→ Assignment
A word-for-word transcription of every record is needed.

→ Task input
—————

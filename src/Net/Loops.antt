-- ===== src/Net/Loops.antt =====
-- The goroutines of one connection, interleaved in any order: ReadRecvMsg, DeliverRecvMsg and WriteMsg
-- of net/clientConn/client_conn.go, and those of client_conn_http.go, which differ in the codec only.
-- The channels recvQueue and sendQueue have no buffer: a message passes when both sides are there.
pub mod Messages
pub mod Pending
pub mod Order
pub mod Ends
use golang_tools.Base.{ℕ, zero, suc, ◌<◌, ◌≡◌, List, [], ◌∷◌, ◌++◌, Option, none, some}
use golang_tools.Net.{ClientMsg}

-- What a kind of connection reads and writes: uncode takes a message from what is still to come, or
-- fails; decode makes the frame of an answer, or fails. Reading uses up what is to come.
pub record Codec (In Frame : Type 0) : Type 0 where
  pub next : In → Option (ClientMsg × In)
  pub encode : ClientMsg → Option Frame
  pub size : In → ℕ
  pub size_next : (i rest : In) (m : ClientMsg) → next i ≡ some (m, rest) → size rest < size i

-- Where ReadRecvMsg stands: at uncode, at the channel with a message, at Close behind an error of uncode, at
-- DisConnectCallBack behind Close, or behind the loop.
pub data Reader : Type 0 where
  reading : Reader
  handing : ClientMsg → Reader
  failing leaving ended : Reader

-- Where DeliverRecvMsg stands: at its channel, at the call of the session, or at the other channel.
pub data Deliverer (Frame : Type 0) : Type 0 where
  waiting : Deliverer Frame
  asking : ClientMsg → Deliverer Frame
  sending : Frame → Deliverer Frame

-- A frame with its origin: an answer of the session, or a message that SendMsg was called with.
pub data Outgoing (Frame : Type 0) : Type 0 where
  reply : Frame → Outgoing Frame
  pushed : Frame → Outgoing Frame

-- The connection: up, closed by ReadRecvMsg, or reset by the other side.
pub data Link : Type 0 where
  up closed reset : Link

abbrev pub closing : Link → Link
closing up = closed
closing closed = closed
closing reset = reset

abbrev pub IsDown : Link → Type 0
IsDown up = ⊥
IsDown closed = Unit {0}
IsDown reset = Unit {0}

-- `writer` is the frame that WriteMsg has taken; `sent` is what the connection took, in its order.
pub record Conn (In Frame S : Type 0) : Type 0 where
  pub incoming : In
  pub reader : Reader
  pub deliverer : Deliverer Frame
  pub writer : Option (Outgoing Frame)
  pub sent : List (Outgoing Frame)
  pub session : S
  pub link : Link
  pub disconnects : ℕ

-- The connection as NewClientConn and the server's goroutines make it.
abbrev pub start : {In Frame S : Type 0} → In → S → Conn In Frame S
start i s = record {
  incoming = i;
  reader = reading;
  deliverer = waiting;
  writer = none;
  sent = [];
  session = s;
  link = up;
  disconnects = 0;
}

-- One step of one goroutine; a goroutine may wait at any place for any time, so also in Read or in Write while
-- the other side does nothing. Write of the connection fails if it is closed or reset, and only then; WriteMsg
-- goes on. Once it is reset reading may fail at any time. RequestCallBack is taken to return a message if it
-- returns no error: with nil for both the process panics.
pub data Step {In Frame S : Type 0} (codec : Codec In Frame)
    (call_back : S → ClientMsg → S × Option ClientMsg) (c : Conn In Frame S)
    : Conn In Frame S → Type 0 where
  read :
      (m : ClientMsg) (rest : In)
      → c.reader ≡ reading
      → codec.next c.incoming ≡ some (m, rest)
      → Step codec call_back c (record c { incoming = rest; reader = handing m })
  fail :
      c.reader ≡ reading
      → codec.next c.incoming ≡ none
      → Step codec call_back c (record c { reader = failing })
  break_off :
      c.reader ≡ reading → c.link ≡ reset → Step codec call_back c (record c { reader = failing })
  hang_up :
      c.reader ≡ failing
      → Step codec call_back c (record c { reader = leaving; link = closing c.link })
  -- The break behind the call does nothing to what is shared.
  tell :
      c.reader ≡ leaving
      → Step codec call_back c (record c { reader = ended; disconnects = suc c.disconnects })
  hand :
      (m : ClientMsg)
      → c.reader ≡ handing m
      → c.deliverer ≡ waiting
      → Step codec call_back c (record c { reader = reading; deliverer = asking m })
  refuse :
      (m : ClientMsg)
      → c.deliverer ≡ asking m
      → (call_back c.session m).1 ≡ none
      → Step codec call_back c
          (record c { session = (call_back c.session m).0; deliverer = waiting })
  garble :
      (m r : ClientMsg)
      → c.deliverer ≡ asking m
      → (call_back c.session m).1 ≡ some r
      → codec.encode r ≡ none
      → Step codec call_back c
          (record c { session = (call_back c.session m).0; deliverer = waiting })
  answer :
      (m r : ClientMsg) (f : Frame)
      → c.deliverer ≡ asking m
      → (call_back c.session m).1 ≡ some r
      → codec.encode r ≡ some f
      → Step codec call_back c
          (record c { session = (call_back c.session m).0; deliverer = sending f })
  pass :
      (f : Frame)
      → c.deliverer ≡ sending f
      → c.writer ≡ none
      → Step codec call_back c (record c { deliverer = waiting; writer = some (reply f) })
  write :
      (o : Outgoing Frame)
      → c.writer ≡ some o
      → c.link ≡ up
      → Step codec call_back c (record c { writer = none; sent = c.sent ++ (o ∷ []) })
  lose :
      (o : Outgoing Frame)
      → c.writer ≡ some o
      → IsDown c.link
      → Step codec call_back c (record c { writer = none })

-- A step, a call of SendMsg from outside, whose frame WriteMsg takes, or a reset by the other side.
pub data Move {In Frame S : Type 0} (codec : Codec In Frame)
    (call_back : S → ClientMsg → S × Option ClientMsg) (c : Conn In Frame S)
    : Conn In Frame S → Type 0 where
  own : {d : Conn In Frame S} → Step codec call_back c d → Move codec call_back c d
  push :
      (m : ClientMsg) (f : Frame)
      → codec.encode m ≡ some f
      → c.writer ≡ none
      → Move codec call_back c (record c { writer = some (pushed f) })
  cut : c.link ≡ up → Move codec call_back c (record c { link = reset })

-- The states of a connection with a session that starts at `s`, if `i` is what comes in.
pub data Reach {In Frame S : Type 0} (codec : Codec In Frame)
    (call_back : S → ClientMsg → S × Option ClientMsg) (i : In) (s : S)
    : Conn In Frame S → Type 0 where
  begin : Reach codec call_back i s (start i s)
  later :
      {c d : Conn In Frame S}
      → Reach codec call_back i s c
      → Move codec call_back c d
      → Reach codec call_back i s d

—————

→ Written answer
filename src/Net/Loops.antt
-- ===== src/Net/Loops.antt =====
-- The goroutines of one connection, interleaved in any order: ReadRecvMsg, DeliverRecvMsg and WriteMsg
-- of net/clientConn/client_conn.go, and those of client_conn_http.go, which differ in the codec only.
-- The channels recvQueue and sendQueue have no buffer: a message passes when both sides are there.
pub mod Messages
pub mod Pending
pub mod Order
pub mod Ends
use golang_tools.Base.{ℕ, zero, suc, ◌<◌, ◌≡◌, List, [], ◌∷◌, ◌++◌, Option, none, some}
use golang_tools.Net.{ClientMsg}

-- What a kind of connection reads and writes: uncode takes a message from what is still to come, or
-- fails; decode makes the frame of an answer, or fails. Reading uses up what is to come.
pub record Codec (In Frame : Type 0) : Type 0 where
  pub next : In → Option (ClientMsg × In)
  pub encode : ClientMsg → Option Frame
  pub size : In → ℕ
  pub size_next : (i rest : In) (m : ClientMsg) → next i ≡ some (m, rest) → size rest < size i

-- Where ReadRecvMsg stands: at uncode, at the channel with a message, at Close behind an error of uncode, at
-- DisConnectCallBack behind Close, or behind the loop.
pub data Reader : Type 0 where
  reading : Reader
  handing : ClientMsg → Reader
  failing leaving ended : Reader

-- Where DeliverRecvMsg stands: at its channel, at the call of the session, or at the other channel.
pub data Deliverer (Frame : Type 0) : Type 0 where
  waiting : Deliverer Frame
  asking : ClientMsg → Deliverer Frame
  sending : Frame → Deliverer Frame

-- A frame with its origin: an answer of the session, or a message that SendMsg was called with.
pub data Outgoing (Frame : Type 0) : Type 0 where
  reply : Frame → Outgoing Frame
  pushed : Frame → Outgoing Frame

-- The connection: up, closed by ReadRecvMsg, or reset by the other side.
pub data Link : Type 0 where
  up closed reset : Link

abbrev pub closing : Link → Link
closing up = closed
closing closed = closed
closing reset = reset

abbrev pub IsDown : Link → Type 0
IsDown up = ⊥
IsDown closed = Unit {0}
IsDown reset = Unit {0}

-- `writer` is the frame that WriteMsg has taken; `sent` is what the connection took, in its order.
pub record Conn (In Frame S : Type 0) : Type 0 where
  pub incoming : In
  pub reader : Reader
  pub deliverer : Deliverer Frame
  pub writer : Option (Outgoing Frame)
  pub sent : List (Outgoing Frame)
  pub session : S
  pub link : Link
  pub disconnects : ℕ

-- The connection as NewClientConn and the server's goroutines make it.
abbrev pub start : {In Frame S : Type 0} → In → S → Conn In Frame S
start i s = record {
  incoming = i;
  reader = reading;
  deliverer = waiting;
  writer = none;
  sent = [];
  session = s;
  link = up;
  disconnects = 0;
}

-- One step of one goroutine; a goroutine may wait at any place for any time, so also in Read or in Write while
-- the other side does nothing. Write of the connection fails if it is closed or reset, and only then; WriteMsg
-- goes on. Once it is reset reading may fail at any time. RequestCallBack is taken to return a message if it
-- returns no error: with nil for both the process panics.
pub data Step {In Frame S : Type 0} (codec : Codec In Frame)
    (call_back : S → ClientMsg → S × Option ClientMsg) (c : Conn In Frame S)
    : Conn In Frame S → Type 0 where
  read :
      (m : ClientMsg) (rest : In)
      → c.reader ≡ reading
      → codec.next c.incoming ≡ some (m, rest)
      → Step codec call_back c (record c { incoming = rest; reader = handing m })
  fail :
      c.reader ≡ reading
      → codec.next c.incoming ≡ none
      → Step codec call_back c (record c { reader = failing })
  break_off :
      c.reader ≡ reading → c.link ≡ reset → Step codec call_back c (record c { reader = failing })
  hang_up :
      c.reader ≡ failing
      → Step codec call_back c (record c { reader = leaving; link = closing c.link })
  -- The break behind the call does nothing to what is shared.
  tell :
      c.reader ≡ leaving
      → Step codec call_back c (record c { reader = ended; disconnects = suc c.disconnects })
  hand :
      (m : ClientMsg)
      → c.reader ≡ handing m
      → c.deliverer ≡ waiting
      → Step codec call_back c (record c { reader = reading; deliverer = asking m })
  refuse :
      (m : ClientMsg)
      → c.deliverer ≡ asking m
      → (call_back c.session m).1 ≡ none
      → Step codec call_back c
          (record c { session = (call_back c.session m).0; deliverer = waiting })
  garble :
      (m r : ClientMsg)
      → c.deliverer ≡ asking m
      → (call_back c.session m).1 ≡ some r
      → codec.encode r ≡ none
      → Step codec call_back c
          (record c { session = (call_back c.session m).0; deliverer = waiting })
  answer :
      (m r : ClientMsg) (f : Frame)
      → c.deliverer ≡ asking m
      → (call_back c.session m).1 ≡ some r
      → codec.encode r ≡ some f
      → Step codec call_back c
          (record c { session = (call_back c.session m).0; deliverer = sending f })
  pass :
      (f : Frame)
      → c.deliverer ≡ sending f
      → c.writer ≡ none
      → Step codec call_back c (record c { deliverer = waiting; writer = some (reply f) })
  write :
      (o : Outgoing Frame)
      → c.writer ≡ some o
      → c.link ≡ up
      → Step codec call_back c (record c { writer = none; sent = c.sent ++ (o ∷ []) })
  lose :
      (o : Outgoing Frame)
      → c.writer ≡ some o
      → IsDown c.link
      → Step codec call_back c (record c { writer = none })

-- A step, a call of SendMsg from outside, whose frame WriteMsg takes, or a reset by the other side.
pub data Move {In Frame S : Type 0} (codec : Codec In Frame)
    (call_back : S → ClientMsg → S × Option ClientMsg) (c : Conn In Frame S)
    : Conn In Frame S → Type 0 where
  own : {d : Conn In Frame S} → Step codec call_back c d → Move codec call_back c d
  push :
      (m : ClientMsg) (f : Frame)
      → codec.encode m ≡ some f
      → c.writer ≡ none
      → Move codec call_back c (record c { writer = some (pushed f) })
  cut : c.link ≡ up → Move codec call_back c (record c { link = reset })

-- The states of a connection with a session that starts at `s`, if `i` is what comes in.
pub data Reach {In Frame S : Type 0} (codec : Codec In Frame)
    (call_back : S → ClientMsg → S × Option ClientMsg) (i : In) (s : S)
    : Conn In Frame S → Type 0 where
  begin : Reach codec call_back i s (start i s)
  later :
      {c d : Conn In Frame S}
      → Reach codec call_back i s c
      → Move codec call_back c d
      → Reach codec call_back i s d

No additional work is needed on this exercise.